In response to a question from Representative Jerry Miller, Andrew Rutherford, President, Kentucky Academy of Physicians Assistants said that in his first job in Cadiz, KY, due to needs of providers, he was the only provider. If there was a patient with broken bones, he would have to refer that patient to another emergency facility because he was unable to prescribe pain medication. This incurs more billing. Also, certain procedures that PAs are trained to do need sedation medication, which is schedule II medication. Most supervising physicians are onsite.

 

Senator Buford commented that patients in Kentucky who want to receive these controlled schedule prescriptions will cross borders to states that allow this authority. They will come back to Kentucky with a large supply of a controlled substances.
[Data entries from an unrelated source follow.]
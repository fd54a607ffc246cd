-- ===== src/Lifecycle/Started.antt =====
-- compute_space/src/compute_space/core/apps.py: which containers a launch may lose.
use aerosol.Prelude.{
  nat_eq, list_eq, ◌==◌, eq_iff, ◌≡◌, ◌≢◌, refl, sym, ap, inl, inr, Bool, true, false, Option, none,
  some, arith, Elem, elem-delete_where, Text,
}
use aerosol.Prelude.Outcome.{Outcome, ok, err}
use aerosol.Db.{App, running, error}
use aerosol.Lifecycle.{update_app}
use aerosol.Lifecycle.Launch.{
  StopEnd, gone, still_there, stop_raised, leave_running, Container, Runtime, Launch,
  record_failure, set_container, remove_stale, stop_container, clean_up, finish, start,
  no_answer_message,
}
use aerosol.Lifecycle.Rows.{RowsAre, RowsAre-update_app}
use aerosol.Lifecycle.Tracked.{
  IsTrackedBut, IsClear, Own, change-IsClear, change-IsTracked, fewer-IsClear, fail-IsTracked,
}

module _ (row : App) (Lost : Container → Type 0) where
  stopped-Own :
      (container_id : Text) (other : Option Text) (rt : Runtime)
      → Own row Lost (some container_id) rt
      → Own row Lost other (stop_container container_id rt)
  unfolding stop_container
  stopped-Own container_id other rt own c m mine =
      let (listed, kept) =
        (elem-delete_where (λ (x : Container). x.container_id == container_id) c rt.containers).0
          m in
      elim (own c listed mine) [
        | inl o ↦
            let same : c.container_id ≡ container_id = ground arith in
            let stopped = (eq_iff c.container_id container_id).1 same in cc
        | inr lost ↦ inr lost
      ]

  stopped-IsClear :
      (container_id : Text) (rt : Runtime)
      → IsClear row Lost rt
      → IsClear row Lost (stop_container container_id rt)
  unfolding stop_container
  stopped-IsClear container_id rt k =
      fewer-IsClear row Lost (λ c. c.container_id == container_id) rt k

  -- A container that could not be stopped, without an exception, is lost.
  abbrev Forgets : Text → StopEnd → Type 0
  Forgets container_id end =
      end ≡ still_there
      → (c : Container) → c.app_name ≡ row.name
      → c.container_id ≡ container_id
      → Lost c

  clean_up-IsTracked :
      (container_id message : Text) (rt : Runtime)
      → IsClear row Lost rt
      → Own row Lost (some container_id) rt
      → (end : StopEnd) → Forgets container_id end
      → IsTrackedBut Lost (clean_up row.app_id container_id message end rt).0
  unfolding clean_up
  clean_up-IsTracked container_id message rt k own gone forgets =
      fail-IsTracked row Lost message none (stop_container container_id rt)
        (stopped-IsClear container_id rt k) (stopped-Own container_id none rt own)
  clean_up-IsTracked container_id message rt k own still_there forgets =
      fail-IsTracked row Lost message none rt k (λ c m mine. elim (own c m mine) [
        | inl o ↦ inr (forgets refl c mine (ground arith))
        | inr lost ↦ inr lost
      ])
  clean_up-IsTracked container_id message rt k own (stop_raised true) forgets =
      fail-IsTracked row Lost message (some container_id) (stop_container container_id rt)
        (stopped-IsClear container_id rt k) (stopped-Own container_id (some container_id) rt own)
  clean_up-IsTracked container_id message rt k own (stop_raised false) forgets =
      fail-IsTracked row Lost message (some container_id) rt k own

  finish-IsTracked :
      (container_id : Text) (launch : Launch) (rt : Runtime)
      → IsClear row Lost rt
      → Own row Lost (some container_id) rt
      → RowsAre row.app_id (λ a. a.container_id ≡ some container_id) rt.db
      → ((message : Text) → launch.wait_for_ready ≡ err message → Forgets container_id launch.stop)
      → IsTrackedBut Lost (finish row.app_id container_id launch rt).0
  unfolding finish
  finish-IsTracked container_id launch rt k own rows forgets = by_answer launch.wait_for_ready refl
    where
      by_answer :
          (o : Outcome Text Bool)
          → launch.wait_for_ready ≡ o
          → IsTrackedBut Lost
              (elim o as (λ _. Runtime × Option Text) [
                | ok true ↦ (
                  record rt {
                    db =
                        update_app row.app_id
                          (λ a. record a { status = running; error_message = none })
                          rt.db;
                  },
                  none,
                )
                | ok false ↦ (
                  record rt {
                    db =
                        update_app row.app_id
                          (λ a. record a { status = error; error_message = some no_answer_message })
                          rt.db;
                  },
                  none,
                )
                | err message ↦ clean_up row.app_id container_id message launch.stop rt
              ]).0
      by_answer (ok true) e =
          change-IsTracked row Lost (λ a. record a { status = running; error_message = none })
            (some container_id) rt
            (record { same_id = λ a. refl; same_name = λ a. refl; same_port = λ a. refl }) rows k
            own
      by_answer (ok false) e =
          change-IsTracked row Lost
            (λ a. record a { status = error; error_message = some no_answer_message })
            (some container_id) rt
            (record { same_id = λ a. refl; same_name = λ a. refl; same_port = λ a. refl }) rows k
            own
      by_answer (err message) e =
          clean_up-IsTracked container_id message rt k own launch.stop (forgets message e)

  stale-Own :
      (container_id : Option Text) (removes : Bool) (rt : Runtime)
      → (removes ≡ false → Own row Lost container_id rt)
      → Own row Lost container_id (remove_stale removes row.name rt)
  unfolding remove_stale
  stale-Own container_id true rt kept c m mine =
      let (listed, other) =
        (elem-delete_where (λ (x : Container). x.app_name == row.name) c rt.containers).0 m in
      let removed = (eq_iff c.app_name row.name).1 mine in cc
  stale-Own container_id false rt kept c m mine = kept refl c m mine

  stale-IsClear :
      (removes : Bool) (rt : Runtime)
      → IsClear row Lost rt
      → IsClear row Lost (remove_stale removes row.name rt)
  unfolding remove_stale
  stale-IsClear true rt k = fewer-IsClear row Lost (λ c. c.app_name == row.name) rt k
  stale-IsClear false rt k = k

  left-IsClear :
      (o : Option Text) (rt : Runtime)
      → IsClear row Lost rt
      → IsClear row Lost (leave_running o row.name rt)
  unfolding leave_running
  left-IsClear none rt k = k
  left-IsClear (some container_id) rt k = record {
    distinct = k.distinct;
    present = k.present;
    others = λ c m. elim m [
      | inl e ↦ inl (ap (λ (x : Container). x.app_name) (sym e))
      | inr older ↦ k.others c older
    ];
  }

  left-Own :
      (o : Option Text) (rt : Runtime)
      → ((c : Container) → o ≡ some c.container_id → c.app_name ≡ row.name → Lost c)
      → Own row Lost none rt
      → Own row Lost none (leave_running o row.name rt)
  unfolding leave_running
  left-Own none rt lost own c m mine = own c m mine
  left-Own (some container_id) rt lost own c (inl e) mine =
      inr (lost c (ap (λ (x : Container). some x.container_id) e) mine)
  left-Own (some container_id) rt lost own c (inr m) mine = own c m mine

  abbrev to_container : Text → App → App
  to_container container_id a = record a { container_id = some container_id }

  set-IsClear :
      (container_id : Text) (rt : Runtime)
      → IsClear row Lost rt
      → IsClear row Lost (set_container row.app_id row.name container_id rt)
  unfolding set_container
  set-IsClear container_id rt k =
      let changed =
        change-IsClear row Lost (to_container container_id) rt
          (record { same_id = λ a. refl; same_name = λ a. refl; same_port = λ a. refl }) k in
      record {
        distinct = changed.distinct;
        present = changed.present;
        others = λ c m. elim m [
          | inl e ↦ inl (ap (λ (x : Container). x.app_name) (sym e))
          | inr older ↦ changed.others c older
        ];
      }

  set-Own :
      (container_id : Text) (rt : Runtime)
      → Own row Lost (some container_id) rt
      → Own row Lost (some container_id) (set_container row.app_id row.name container_id rt)
  unfolding set_container
  set-Own container_id rt own c (inl e) mine = inl (ap (λ (x : Container). some x.container_id) e)
  set-Own container_id rt own c (inr m) mine = own c m mine

  set-Rows :
      (container_id : Text) (rt : Runtime)
      → RowsAre row.app_id
          (λ a. a.container_id ≡ some container_id)
          (set_container row.app_id row.name container_id rt).db
  unfolding set_container
  set-Rows container_id rt =
      RowsAre-update_app row.app_id (to_container container_id)
        (record { same_id = λ a. refl; same_name = λ a. refl; same_port = λ a. refl })
        (λ a. a.container_id ≡ some container_id) rt.db (λ a m e. refl)

  -- What a launch may lose of the containers that ran, and what podman does not do.
  pub record Loses (launch : Launch) (rt : Runtime) : Type 0 where
    pub old :
        launch.stale_removed ≡ false
        → (message : Text) → launch.run_container ≡ err message
        → (c : Container) → Elem c rt.containers
        → c.app_name ≡ row.name
        → Lost c
    pub left :
        (message : Text)
        → launch.run_container ≡ err message
        → (c : Container) → launch.left_running ≡ some c.container_id
        → c.app_name ≡ row.name
        → Lost c
    pub stuck :
        (container_id message : Text)
        → launch.run_container ≡ ok container_id
        → launch.wait_for_ready ≡ err message
        → Forgets container_id launch.stop
    pub one_name :
        launch.stale_removed ≡ false
        → (container_id : Text) → launch.run_container ≡ ok container_id
        → (c : Container) → Elem c rt.containers
        → c.app_name ≢ row.name

  pub start-IsTracked :
      (launch : Launch) (rt : Runtime)
      → IsClear row Lost rt
      → Loses launch rt
      → IsTrackedBut Lost (start row.app_id row.name launch rt).0
  unfolding start
  start-IsTracked launch rt k loses = by_run launch.run_container refl
    where
      cleared : Runtime
      cleared = remove_stale launch.stale_removed row.name rt

      by_run :
          (o : Outcome Text Text)
          → launch.run_container ≡ o
          → IsTrackedBut Lost
              (elim o as (λ _. Runtime × Option Text) [
                | err message ↦
                    record_failure row.app_id message none
                      (leave_running launch.left_running row.name cleared)
                | ok container_id ↦
                    finish row.app_id container_id launch
                      (set_container row.app_id row.name container_id cleared)
              ]).0
      by_run (err message) e =
          fail-IsTracked row Lost message none (leave_running launch.left_running row.name cleared)
            (left-IsClear launch.left_running cleared (stale-IsClear launch.stale_removed rt k))
            (left-Own launch.left_running cleared (loses.left message e) (
              stale-Own none launch.stale_removed rt
                (λ kept c m mine. inr (loses.old kept message e c m mine))))
      by_run (ok container_id) e =
          finish-IsTracked container_id launch
            (set_container row.app_id row.name container_id cleared)
            (set-IsClear container_id cleared (stale-IsClear launch.stale_removed rt k))
            (set-Own container_id cleared (
              stale-Own (some container_id) launch.stale_removed rt
                (λ kept c m mine. absurd (loses.one_name kept container_id e c m mine))))
            (set-Rows container_id cleared) (λ message f. loses.stuck container_id message e f)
What they do not need they will sell. Allowing them to obtain that prescription in Kentucky will not lead to an excessive amount of the drug.

 

In response to a question from Senator Schickel, Ms. Hall said PAs will only be able to prescribe opiate based prescriptions if their supervising physician authorizes them to do so. Senator Schickel opined that current legislation has not solved the drug problem, rather it has made it worse. There is an historical crisis in Kentucky with opiate based products.

 

Representative Koenig commented that he does not know what schedule II – V drugs are and would like more information. Ms. Hall said that currently PAs prescribe all non-schedule medication, which is any medication that does not have the potential for abuse. She said she would provide the information Representative Koenig requested.

 

In response to a question from Representative Elliot, Ms. Hall said the difference in training between a Nurse Practitioner and a Physician Assistant is the training model. PAs follow the physician model. However, the level of training is no different than the Nurse Practitioner.

 

In response to a question from Representative Jenkins, Mr. Rutherford said PAs are trained about the misuse of opiate substances and the addictiveness of those drugs.

 

Senator Schickel announced that the next meeting for Licensing and Occupations will be November 28, at 10:00 AM at Turfway Park in Latonia. Further, there will be a meeting, Thursday, December 15th, 10:00 AM in Room 129 in the Capitol Annex.

 

There being no further business, the meeting was adjourned at 11:26 AM.